━━━━━ Supplied entries
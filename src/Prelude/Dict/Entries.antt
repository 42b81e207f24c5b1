-- ===== src/Prelude/Dict/Entries.antt =====
-- Properties of the pairs of a dictionary.
use mathlib.Core.Path.{subst}
use mathlib.Core.Option.{some-injective}
use vatbrain.Prelude.Tests.{Eq, ◌==◌, Bool-cases}
use vatbrain.Prelude.Lists.{All}
use vatbrain.Prelude.Dict.{Dict, values, values_of, lookup, lookup_in, insert, insert_in}
use mathlib.Core.Path.{◌≡◌, refl, sym}
use mathlib.Core.Logic.{inl, inr}
use mathlib.Core.Option.{some}
use mathlib.Core.List.{List, [], ◌∷◌}

module _ {K : Type 0} ⦃e : Eq K⦄ {V : Type 0} where
  -- `P` holds of each key with its value.
  abbrev pub AllPairs {κ} : (K → V → Type κ) → List (K × V) → Type κ
  AllPairs P [] = Unit
  AllPairs P ((k, v) ∷ l) = P k v × AllPairs P l

  insert_in-AllPairs {κ} :
      (P : K → V → Type κ) (k : K) (v : V) (l : List (K × V))
      → P k v
      → AllPairs P l
      → AllPairs P (insert_in k v l)
  unfolding insert_in
  insert_in-AllPairs P k v [] h hs = (h, tt)
  insert_in-AllPairs P k v ((j, w) ∷ l) h (hw, hs) = elim (Bool-cases (j == k)) [
    | inl q ↦ rw q (subst (λ i. P i v) (sym ((e.beq_iff j k).0 q)) h, hs)
    | inr q ↦ rw q (hw, insert_in-AllPairs P k v l h hs)
  ]

  pub insert-AllPairs {κ} :
      (P : K → V → Type κ) (k : K) (v : V) (m : Dict K V)
      → P k v
      → AllPairs P m.entries
      → AllPairs P (insert k v m).entries
  unfolding insert
  insert-AllPairs P k v m = insert_in-AllPairs P k v m.entries

  lookup_in-AllPairs {κ} :
      (P : K → V → Type κ) (k : K) (l : List (K × V)) {v : V}
      → AllPairs P l
      → lookup_in k l ≡ some v
      → P k v
  unfolding lookup_in
  lookup_in-AllPairs P k [] hs h = cc
  lookup_in-AllPairs P k ((j, w) ∷ l) {v} (hw, hs) h = elim (Bool-cases (j == k)) [
    | inl q ↦
        let same = some-injective _ _ (rw q at h) in
        subst (λ i. P i v) ((e.beq_iff j k).0 q) (subst (P j) same hw)
    | inr q ↦ lookup_in-AllPairs P k l hs (rw q at h)
  ]

  pub lookup-AllPairs {κ} :
      (P : K → V → Type κ) (k : K) (m : Dict K V) {v : V}
      → AllPairs P m.entries
      → lookup k m ≡ some v
      → P k v
  unfolding lookup
  lookup-AllPairs P k m = lookup_in-AllPairs P k m.entries

  values_of-AllPairs {κ μ} :
      (P : K → V → Type κ) (Q : V → Type μ) (l : List (K × V))
      → ((k : K) (v : V) → P k v → Q v)
      → AllPairs P l
      → All Q (values_of l)
  unfolding values_of
  values_of-AllPairs P Q [] f h = tt
  values_of-AllPairs P Q ((k, v) ∷ l) f (h, hs) = (f k v h, values_of-AllPairs P Q l f hs)

  pub values-AllPairs {κ μ} :
      (P : K → V → Type κ) (Q : V → Type μ) (m : Dict K V)
      → ((k : K) (v : V) → P k v → Q v)
      → AllPairs P m.entries
      → All Q (values m)
  unfolding values
  values-AllPairs P Q m = values_of-AllPairs P Q m.entries

  AllPairs-imp {κ μ} :
      (P : K → V → Type κ) (Q : K → V → Type μ) (l : List (K × V))
      → ((k : K) (v : V) → P k v → Q k v)
      → AllPairs P l
      → AllPairs Q l
  AllPairs-imp P Q [] f h = tt
  AllPairs-imp P Q ((k, v) ∷ l) f (h, hs) = (f k v h, AllPairs-imp P Q l f hs)

  abbrev IsKeyIn : List (K × V) → K → V → Type 0
  IsKeyIn l k v = (w : V) × (lookup_in k l ≡ some w)

  keys_of-IsKeyIn : (l : List (K × V)) → AllPairs (IsKeyIn l) l
  unfolding lookup_in
  keys_of-IsKeyIn [] = tt
  keys_of-IsKeyIn ((j, w) ∷ l) = (
    (w, rw ((e.beq_iff j j).1 refl)),
    AllPairs-imp (IsKeyIn l) _ l
        (λ k v (u, h). elim (Bool-cases (j == k)) [ inl q ↦ (w, rw q) | inr q ↦ (u, rw q h) ])
        (keys_of-IsKeyIn l),
  )

  -- Every key of the dictionary is found.
  pub entries-IsFound : (m : Dict K V) → AllPairs (λ k v. (w : V) × (lookup k m ≡ some w)) m.entries
  unfolding lookup
  entries-IsFound m = keys_of-IsKeyIn m.entries

  -- The pairs and one more fact on each.
  pub AllPairs-both {κ μ} :
      (P : K → V → Type κ) (Q : K → V → Type μ) (l : List (K × V))
      → AllPairs P l
      → AllPairs Q l
      → AllPairs (λ k v. P k v × Q k v) l
  AllPairs-both P Q [] h k = tt
  AllPairs-both P Q ((i, v) ∷ l) (h, hs) (k, ks) = ((h, k), AllPairs-both P Q l hs ks)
━━━━━━━━━━
> [Instructions to follow]:
Retype the records above exactly, so that no line differs from its source.

> [Exercise output]:
filename src/Prelude/Dict/Entries.antt
repository 42b81e207f24c5b1
-- ===== src/Prelude/Dict/Entries.antt =====
-- Properties of the pairs of a dictionary.
use mathlib.Core.Path.{subst}
use mathlib.Core.Option.{some-injective}
use vatbrain.Prelude.Tests.{Eq, ◌==◌, Bool-cases}
use vatbrain.Prelude.Lists.{All}
use vatbrain.Prelude.Dict.{Dict, values, values_of, lookup, lookup_in, insert, insert_in}
use mathlib.Core.Path.{◌≡◌, refl, sym}
use mathlib.Core.Logic.{inl, inr}
use mathlib.Core.Option.{some}
use mathlib.Core.List.{List, [], ◌∷◌}

module _ {K : Type 0} ⦃e : Eq K⦄ {V : Type 0} where
  -- `P` holds of each key with its value.
  abbrev pub AllPairs {κ} : (K → V → Type κ) → List (K × V) → Type κ
  AllPairs P [] = Unit
  AllPairs P ((k, v) ∷ l) = P k v × AllPairs P l

  insert_in-AllPairs {κ} :
      (P : K → V → Type κ) (k : K) (v : V) (l : List (K × V))
      → P k v
      → AllPairs P l
      → AllPairs P (insert_in k v l)
  unfolding insert_in
  insert_in-AllPairs P k v [] h hs = (h, tt)
  insert_in-AllPairs P k v ((j, w) ∷ l) h (hw, hs) = elim (Bool-cases (j == k)) [
    | inl q ↦ rw q (subst (λ i. P i v) (sym ((e.beq_iff j k).0 q)) h, hs)
    | inr q ↦ rw q (hw, insert_in-AllPairs P k v l h hs)
  ]

  pub insert-AllPairs {κ} :
      (P : K → V → Type κ) (k : K) (v : V) (m : Dict K V)
      → P k v
      → AllPairs P m.entries
      → AllPairs P (insert k v m).entries
  unfolding insert
  insert-AllPairs P k v m = insert_in-AllPairs P k v m.entries

  lookup_in-AllPairs {κ} :
      (P : K → V → Type κ) (k : K) (l : List (K × V)) {v : V}
      → AllPairs P l
      → lookup_in k l ≡ some v
      → P k v
  unfolding lookup_in
  lookup_in-AllPairs P k [] hs h = cc
  lookup_in-AllPairs P k ((j, w) ∷ l) {v} (hw, hs) h = elim (Bool-cases (j == k)) [
    | inl q ↦
        let same = some-injective _ _ (rw q at h) in
        subst (λ i. P i v) ((e.beq_iff j k).0 q) (subst (P j) same hw)
    | inr q ↦ lookup_in-AllPairs P k l hs (rw q at h)
  ]

  pub lookup-AllPairs {κ} :
      (P : K → V → Type κ) (k : K) (m : Dict K V) {v : V}
      → AllPairs P m.entries
      → lookup k m ≡ some v
      → P k v
  unfolding lookup
  lookup-AllPairs P k m = lookup_in-AllPairs P k m.entries

  values_of-AllPairs {κ μ} :
      (P : K → V → Type κ) (Q : V → Type μ) (l : List (K × V))
      → ((k : K) (v : V) → P k v → Q v)
      → AllPairs P l
      → All Q (values_of l)
  unfolding values_of
  values_of-AllPairs P Q [] f h = tt
  values_of-AllPairs P Q ((k, v) ∷ l) f (h, hs) = (f k v h, values_of-AllPairs P Q l f hs)

  pub values-AllPairs {κ μ} :
      (P : K → V → Type κ) (Q : V → Type μ) (m : Dict K V)
      → ((k : K) (v : V) → P k v → Q v)
      → AllPairs P m.entries
      → All Q (values m)
  unfolding values
  values-AllPairs P Q m = values_of-AllPairs P Q m.entries

  AllPairs-imp {κ μ} :
      (P : K → V → Type κ) (Q : K → V → Type μ) (l : List (K × V))
      → ((k : K) (v : V) → P k v → Q k v)
      → AllPairs P l
      → AllPairs Q l
  AllPairs-imp P Q [] f h = tt
  AllPairs-imp P Q ((k, v) ∷ l) f (h, hs) = (f k v h, AllPairs-imp P Q l f hs)

  abbrev IsKeyIn : List (K × V) → K → V → Type 0
  IsKeyIn l k v = (w : V) × (lookup_in k l ≡ some w)

  keys_of-IsKeyIn : (l : List (K × V)) → AllPairs (IsKeyIn l) l
  unfolding lookup_in
  keys_of-IsKeyIn [] = tt
  keys_of-IsKeyIn ((j, w) ∷ l) = (
    (w, rw ((e.beq_iff j j).1 refl)),
    AllPairs-imp (IsKeyIn l) _ l
        (λ k v (u, h). elim (Bool-cases (j == k)) [ inl q ↦ (w, rw q) | inr q ↦ (u, rw q h) ])
        (keys_of-IsKeyIn l),
  )

  -- Every key of the dictionary is found.
  pub entries-IsFound : (m : Dict K V) → AllPairs (λ k v. (w : V) × (lookup k m ≡ some w)) m.entries
  unfolding lookup
  entries-IsFound m = keys_of-IsKeyIn m.entries

  -- The pairs and one more fact on each.
  pub AllPairs-both {κ μ} :
      (P : K → V → Type κ) (Q : K → V → Type μ) (l : List (K × V))
      → AllPairs P l
      → AllPairs Q l
      → AllPairs (λ k v. P k v × Q k v) l
  AllPairs-both P Q [] h k = tt
  AllPairs-both P Q ((i, v) ∷ l) (h, hs) (k, ks) = ((h, k), AllPairs-both P Q l hs ks)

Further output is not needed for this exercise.